_TASK BRIEF_
Copy out, precisely as given, the lines from the line with "blocks t) →" to the end of the entries that follow.

_ _ _ _

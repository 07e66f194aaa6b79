-- ===== src/Multicast/Ring/Progress.antt =====
-- The mock mode of MulticastReceiver.h comes to an end of the file with every block parsed: no
-- state before that is stuck, and each block takes seven steps.
use marketdatabook.Common.{ℕ, suc, ◌+◌, ◌*◌, ◌≤◌, ◌≡◌, refl, arith, sym, ap, ◌∙◌}
use marketdatabook.Common.{
  List, [], ◌∷◌, ◌++◌, length, inl, inr, ◌⊎◌, append-nil, length-append, length-snoc,
}
use marketdatabook.Common.Bytes.{Bytes}
use marketdatabook.Multicast.Ring.{Mock, Simulator, Poller, Step, Reach, kernel}
use marketdatabook.Multicast.Ring.{
  see_kernel, fill, publish, see_user, parse, return_frame, count_packet, here, next,
}
use marketdatabook.Multicast.Ring.Held.{slot}
use marketdatabook.Multicast.Ring.Safety.{
  Fit, IsSafe, IsCons, SimulatorKnows, PollerKnows, Reach-IsSafe,
}

IsCons-cases : (xs : List Bytes) → (xs ≡ []) ⊎ IsCons xs
IsCons-cases [] = inl refl
IsCons-cases (x ∷ xs) = inr (x, xs, refl)

simulator_cases :
    (s : Simulator)
    → (s ≡ Simulator.waiting) ⊎ ((s ≡ Simulator.filling) ⊎ (s ≡ Simulator.publishing))
simulator_cases Simulator.waiting = inl refl
simulator_cases Simulator.filling = inr (inl refl)
simulator_cases Simulator.publishing = inr (inr refl)

poller_cases :
    (p : Poller)
    → (p ≡ Poller.waiting)
      ⊎ ((p ≡ Poller.parsing) ⊎ ((p ≡ Poller.returning) ⊎ (p ≡ Poller.counting)))
poller_cases Poller.waiting = inl refl
poller_cases Poller.parsing = inr (inl refl)
poller_cases Poller.returning = inr (inr (inl refl))
poller_cases Poller.counting = inr (inr (inr refl))

module _ (header_size : ℕ) where
  abbrev pub CanStep : Mock → Type 0
  CanStep t = (u : Mock) × Step header_size t u

  module _ {blocks : List Bytes} {t : Mock} (s : IsSafe header_size blocks t) where
    -- With no frame held and both threads at their loops, the file is at its end or the next frame
    -- is free.
    waiting_step :
        s.held ≡ []
        → t.simulator ≡ Simulator.waiting
        → t.poller ≡ Poller.waiting
        → CanStep t ⊎ (t.parsed ≡ blocks)
    waiting_step nothing idle_simulator idle_poller = elim (IsCons-cases t.left) [
      | inr (block, rest, some_left) ↦
          let place : t.frame_idx ≡ slot t.curr_frame_idx 0 =
            omega (arith, s.at, ap length nothing) in
          let free : (t.ring.headers t.frame_idx).tp_status ≡ kernel =
            rw (place) (s.frames.free 0 (omega (arith, ap length nothing)) (omega arith)) in
          inl (_, see_kernel t block rest idle_simulator some_left free)
      | inl end ↦
          let so_far : t.parsed ≡ s.before = rw (idle_poller) at s.poller_knows in
          inr (so_far ∙ sym (append-nil s.before) ∙ sym (s.history ∙ rw (nothing, end) refl))
    ]

    simulator_step : s.held ≡ [] → t.poller ≡ Poller.waiting → CanStep t ⊎ (t.parsed ≡ blocks)
    simulator_step nothing idle = elim (simulator_cases t.simulator) [
      | inl waiting ↦ waiting_step nothing waiting idle
      | inr (inl filling) ↦
          let (_, (block, rest, some_left)) = rw (filling) at s.simulator_knows in
          inl (_, fill t block rest filling some_left)
      | inr (inr publishing) ↦
          let (_, (block, rest, some_left), _) = rw (publishing) at s.simulator_knows in
          inl (_, publish t block rest publishing some_left)
    ]

    IsSafe-step : CanStep t ⊎ (t.parsed ≡ blocks)
    IsSafe-step = elim (poller_cases t.poller) [
      | inr (inl parsing) ↦ inl (_, parse t parsing)
      | inr (inr (inl returning)) ↦ inl (_, return_frame t returning)
      | inr (inr (inr counting)) ↦ inl (_, count_packet t counting)
      | inl waiting ↦ elim (IsCons-cases s.held) [
        | inl nothing ↦ simulator_step nothing waiting
        | inr (x, rest, e) ↦
            let place : slot t.curr_frame_idx 0 ≡ t.curr_frame_idx =
              omega (arith, s.frames.in_range) in
            let used = rw (place) at (s.frames.taken 0 x (rw (e) refl)).0 in
            inl (_, see_user t waiting used)
      ]
    ]

  abbrev pub steps : {blocks : List Bytes} {t : Mock} → Reach header_size blocks t → ℕ
  steps here = 0
  steps (next r step) = suc (steps r)

  abbrev filled_for : Simulator → ℕ
  filled_for Simulator.waiting = 0
  filled_for Simulator.filling = 1
  filled_for Simulator.publishing = 2

  abbrev parsed_for : Poller → ℕ
  parsed_for Poller.waiting = 2
  parsed_for Poller.parsing = 3
  parsed_for Poller.returning = 0
  parsed_for Poller.counting = 1

  -- Each block takes three steps of the one thread and four of the other.
  abbrev Counted : ℕ → ℕ → Mock → Type 0
  Counted total n t =
      n + 2 + 3 * length t.left
      ≡ 3 * total + filled_for t.simulator + 4 * length t.parsed + parsed_for t.poller

  Step-Counted :
      {t u : Mock} (total n : ℕ)
      → Step header_size t u
      → Counted total n t
      → Counted total (suc n) u
  Step-Counted total n (see_kernel t block rest waiting some_left free) c =
      omega (arith, c, ap filled_for waiting)
  Step-Counted total n (fill t block rest filling some_left) c =
      omega (arith, c, ap filled_for filling)
  Step-Counted total n (publish t block rest publishing some_left) c =
      omega (arith, c, ap filled_for publishing, ap length some_left)
  Step-Counted total n (see_user t waiting used) c = omega (arith, c, ap parsed_for waiting)
  Step-Counted total n (parse t parsing) c =
      omega (arith, c, ap parsed_for parsing, length-snoc t.parsed)
  Step-Counted total n (return_frame t returning) c = omega (arith, c, ap parsed_for returning)
  Step-Counted total n (count_packet t counting) c = omega (arith, c, ap parsed_for counting)

  Reach-Counted :
      {blocks : List Bytes} {t : Mock} (r : Reach header_size blocks t)
      → Counted (length blocks) (steps r) t
  Reach-Counted here = omega arith
  Reach-Counted {blocks} (next r step) =
      Step-Counted (length blocks) (steps r) step (Reach-Counted r)

  filled_for-le :
      (s : Simulator) (r : _) (idx : ℕ) (held left : List Bytes)
      → SimulatorKnows header_size s r idx held left
      → filled_for s ≤ 3 * length left
  filled_for-le Simulator.waiting r idx held left h = omega arith
  filled_for-le Simulator.filling r idx held left (_, (x, rest, e)) = omega (arith, ap length e)
  filled_for-le Simulator.publishing r idx held left (_, (x, rest, e), _) =
      omega (arith, ap length e)

  parsed_for-le :
      (p : Poller) (before held parsed : List Bytes)
      → PollerKnows header_size p before held parsed
      → 4 * length parsed + parsed_for p ≤ 4 * length before + 4 * length held + 2
  parsed_for-le Poller.waiting before held parsed h = omega (arith, ap length h)
  parsed_for-le Poller.counting before held parsed h = omega (arith, ap length h)
  parsed_for-le Poller.parsing before held parsed (h, (x, rest, e)) =
      omega (arith, ap length h, ap length e)
  parsed_for-le Poller.returning before held parsed (x, rest, e, h) =
      omega (arith, ap length h, ap length e, length-snoc before x)

  steps-le :
      {blocks : List Bytes} {t : Mock}
      → Fit header_size blocks
      → (r : Reach header_size blocks t) → steps r ≤ 7 * length blocks
  steps-le {blocks} {t} fit r =
      let s = Reach-IsSafe header_size fit r in
      omega (
        arith,
        Reach-Counted r,
        filled_for-le t.simulator t.ring t.frame_idx s.held t.left s.simulator_knows,
        parsed_for-le t.poller s.before s.held t.parsed s.poller_knows,
        ap length s.history,
        length-append s.before (s.held ++ t.left),
        length-append s.held t.left,
      )

  -- Where each block of the file fits a frame behind its header, a run of the two threads takes at
  -- most seven steps for each block, and it can go on until all blocks are parsed.
  pub mock_drains :
      {blocks : List Bytes} {t : Mock}
      → Fit header_size blocks
      → (r : Reach header_size blocks t)
      → (steps r ≤ 7 * length blocks) × (CanStep t ⊎ (t.parsed ≡ blocks))
  mock_drains fit r = (steps-le fit r, IsSafe-step (Reach-IsSafe header_size fit r))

_ _ _ _

_ANSWER SPACE_
      → (r : Reach header_size blocks t) → steps r ≤ 7 * length blocks
  steps-le {blocks} {t} fit r =
      let s = Reach-IsSafe header_size fit r in
      omega (
        arith,
        Reach-Counted r,
        filled_for-le t.simulator t.ring t.frame_idx s.held t.left s.simulator_knows,
        parsed_for-le t.poller s.before s.held t.parsed s.poller_knows,
        ap length s.history,
        length-append s.before (s.held ++ t.left),
        length-append s.held t.left,
      )

  -- Where each block of the file fits a frame behind its header, a run of the two threads takes at
  -- most seven steps for each block, and it can go on until all blocks are parsed.
  pub mock_drains :
      {blocks : List Bytes} {t : Mock}
      → Fit header_size blocks
      → (r : Reach header_size blocks t)
      → (steps r ≤ 7 * length blocks) × (CanStep t ⊎ (t.parsed ≡ blocks))
  mock_drains fit r = (steps-le fit r, IsSafe-step (Reach-IsSafe header_size fit r))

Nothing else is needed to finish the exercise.